Exercise brief: In the listing below, the lines from the first through the one with "(tool : Tool)" are to be copied word for word.

● ● ● ● ● ● ●

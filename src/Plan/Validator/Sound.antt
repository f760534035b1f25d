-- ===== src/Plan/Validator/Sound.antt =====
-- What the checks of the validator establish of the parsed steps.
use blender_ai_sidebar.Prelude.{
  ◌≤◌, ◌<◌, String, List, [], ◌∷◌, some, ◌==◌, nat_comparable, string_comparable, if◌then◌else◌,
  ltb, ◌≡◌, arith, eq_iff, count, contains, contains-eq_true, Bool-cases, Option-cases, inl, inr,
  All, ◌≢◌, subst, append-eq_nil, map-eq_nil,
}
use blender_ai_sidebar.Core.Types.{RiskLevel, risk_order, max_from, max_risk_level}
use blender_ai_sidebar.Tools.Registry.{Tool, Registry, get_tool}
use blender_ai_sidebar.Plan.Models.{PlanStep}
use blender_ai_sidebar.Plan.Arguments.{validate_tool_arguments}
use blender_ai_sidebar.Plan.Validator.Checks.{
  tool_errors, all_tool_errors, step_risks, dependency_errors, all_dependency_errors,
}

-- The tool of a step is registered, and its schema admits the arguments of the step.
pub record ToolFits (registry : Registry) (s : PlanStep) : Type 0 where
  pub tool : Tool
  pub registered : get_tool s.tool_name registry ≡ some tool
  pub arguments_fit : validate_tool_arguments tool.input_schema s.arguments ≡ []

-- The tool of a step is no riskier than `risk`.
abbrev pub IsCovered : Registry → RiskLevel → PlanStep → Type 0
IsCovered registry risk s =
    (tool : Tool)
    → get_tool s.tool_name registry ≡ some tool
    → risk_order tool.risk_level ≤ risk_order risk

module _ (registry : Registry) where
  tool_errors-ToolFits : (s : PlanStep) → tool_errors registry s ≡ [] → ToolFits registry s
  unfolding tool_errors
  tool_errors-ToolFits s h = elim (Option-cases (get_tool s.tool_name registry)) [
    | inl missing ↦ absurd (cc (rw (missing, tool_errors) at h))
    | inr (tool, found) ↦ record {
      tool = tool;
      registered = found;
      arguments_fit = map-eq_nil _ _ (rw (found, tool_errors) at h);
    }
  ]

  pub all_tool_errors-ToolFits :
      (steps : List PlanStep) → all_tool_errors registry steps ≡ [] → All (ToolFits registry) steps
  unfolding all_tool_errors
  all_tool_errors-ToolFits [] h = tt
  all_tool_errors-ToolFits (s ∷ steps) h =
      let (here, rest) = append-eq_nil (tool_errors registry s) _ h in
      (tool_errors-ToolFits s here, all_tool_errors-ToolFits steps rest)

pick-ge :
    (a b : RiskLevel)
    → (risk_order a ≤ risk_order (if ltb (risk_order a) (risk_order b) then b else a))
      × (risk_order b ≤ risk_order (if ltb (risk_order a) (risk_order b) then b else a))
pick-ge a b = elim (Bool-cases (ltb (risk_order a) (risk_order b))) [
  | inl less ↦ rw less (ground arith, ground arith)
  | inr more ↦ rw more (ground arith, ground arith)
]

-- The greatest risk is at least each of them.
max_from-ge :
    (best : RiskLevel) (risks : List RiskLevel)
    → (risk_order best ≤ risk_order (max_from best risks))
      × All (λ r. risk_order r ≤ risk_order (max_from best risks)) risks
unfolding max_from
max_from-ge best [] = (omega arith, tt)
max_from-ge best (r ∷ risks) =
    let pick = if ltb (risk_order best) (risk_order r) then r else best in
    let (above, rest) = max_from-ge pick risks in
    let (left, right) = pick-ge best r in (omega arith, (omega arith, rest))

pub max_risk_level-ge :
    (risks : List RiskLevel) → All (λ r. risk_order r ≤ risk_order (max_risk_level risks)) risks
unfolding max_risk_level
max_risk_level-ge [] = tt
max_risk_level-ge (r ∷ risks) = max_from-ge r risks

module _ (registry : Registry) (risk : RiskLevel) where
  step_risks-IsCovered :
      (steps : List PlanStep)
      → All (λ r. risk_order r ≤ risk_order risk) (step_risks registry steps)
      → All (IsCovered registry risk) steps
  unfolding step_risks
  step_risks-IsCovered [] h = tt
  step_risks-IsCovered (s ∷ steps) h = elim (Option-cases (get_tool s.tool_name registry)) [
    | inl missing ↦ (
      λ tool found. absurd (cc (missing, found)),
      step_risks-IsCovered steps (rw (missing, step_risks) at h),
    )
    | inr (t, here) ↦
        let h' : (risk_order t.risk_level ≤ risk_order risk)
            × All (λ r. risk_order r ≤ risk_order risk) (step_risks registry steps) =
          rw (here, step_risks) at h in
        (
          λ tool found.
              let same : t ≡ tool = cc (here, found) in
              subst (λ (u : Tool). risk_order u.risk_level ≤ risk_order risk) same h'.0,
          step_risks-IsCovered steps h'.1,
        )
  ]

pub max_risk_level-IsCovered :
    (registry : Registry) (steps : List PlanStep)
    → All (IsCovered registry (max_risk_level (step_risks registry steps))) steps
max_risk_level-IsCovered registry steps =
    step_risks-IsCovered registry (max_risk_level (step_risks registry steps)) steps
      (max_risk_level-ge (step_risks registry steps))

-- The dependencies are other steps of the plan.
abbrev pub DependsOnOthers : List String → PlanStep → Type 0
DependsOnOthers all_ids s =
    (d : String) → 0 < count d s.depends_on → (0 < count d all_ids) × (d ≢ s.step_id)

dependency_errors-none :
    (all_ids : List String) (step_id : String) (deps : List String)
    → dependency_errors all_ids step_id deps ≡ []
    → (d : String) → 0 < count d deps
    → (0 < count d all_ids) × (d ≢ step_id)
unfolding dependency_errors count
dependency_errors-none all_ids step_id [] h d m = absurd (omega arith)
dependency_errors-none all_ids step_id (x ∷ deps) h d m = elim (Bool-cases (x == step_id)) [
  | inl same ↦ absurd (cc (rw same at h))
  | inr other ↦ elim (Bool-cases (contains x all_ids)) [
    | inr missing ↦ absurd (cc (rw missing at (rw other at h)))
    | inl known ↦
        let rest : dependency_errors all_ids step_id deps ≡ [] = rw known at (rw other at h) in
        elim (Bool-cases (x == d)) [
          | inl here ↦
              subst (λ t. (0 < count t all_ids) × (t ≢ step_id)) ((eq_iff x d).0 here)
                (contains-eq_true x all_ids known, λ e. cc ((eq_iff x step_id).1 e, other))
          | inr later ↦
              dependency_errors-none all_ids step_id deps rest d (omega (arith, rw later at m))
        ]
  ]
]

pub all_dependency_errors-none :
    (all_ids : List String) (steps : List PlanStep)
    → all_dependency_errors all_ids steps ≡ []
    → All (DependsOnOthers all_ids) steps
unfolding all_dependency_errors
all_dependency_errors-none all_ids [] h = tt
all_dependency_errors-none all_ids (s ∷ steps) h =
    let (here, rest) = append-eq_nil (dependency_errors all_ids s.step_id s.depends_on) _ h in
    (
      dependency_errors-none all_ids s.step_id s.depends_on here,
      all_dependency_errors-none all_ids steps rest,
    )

● ● ● ● ● ● ●

Task result:
filename src/Plan/Validator/Sound.antt
repository f760534035b1f25d
-- ===== src/Plan/Validator/Sound.antt =====
-- What the checks of the validator establish of the parsed steps.
use blender_ai_sidebar.Prelude.{
  ◌≤◌, ◌<◌, String, List, [], ◌∷◌, some, ◌==◌, nat_comparable, string_comparable, if◌then◌else◌,
  ltb, ◌≡◌, arith, eq_iff, count, contains, contains-eq_true, Bool-cases, Option-cases, inl, inr,
  All, ◌≢◌, subst, append-eq_nil, map-eq_nil,
}
use blender_ai_sidebar.Core.Types.{RiskLevel, risk_order, max_from, max_risk_level}
use blender_ai_sidebar.Tools.Registry.{Tool, Registry, get_tool}
use blender_ai_sidebar.Plan.Models.{PlanStep}
use blender_ai_sidebar.Plan.Arguments.{validate_tool_arguments}
use blender_ai_sidebar.Plan.Validator.Checks.{
  tool_errors, all_tool_errors, step_risks, dependency_errors, all_dependency_errors,
}

-- The tool of a step is registered, and its schema admits the arguments of the step.
pub record ToolFits (registry : Registry) (s : PlanStep) : Type 0 where
  pub tool : Tool
  pub registered : get_tool s.tool_name registry ≡ some tool
  pub arguments_fit : validate_tool_arguments tool.input_schema s.arguments ≡ []

-- The tool of a step is no riskier than `risk`.
abbrev pub IsCovered : Registry → RiskLevel → PlanStep → Type 0
IsCovered registry risk s =
    (tool : Tool)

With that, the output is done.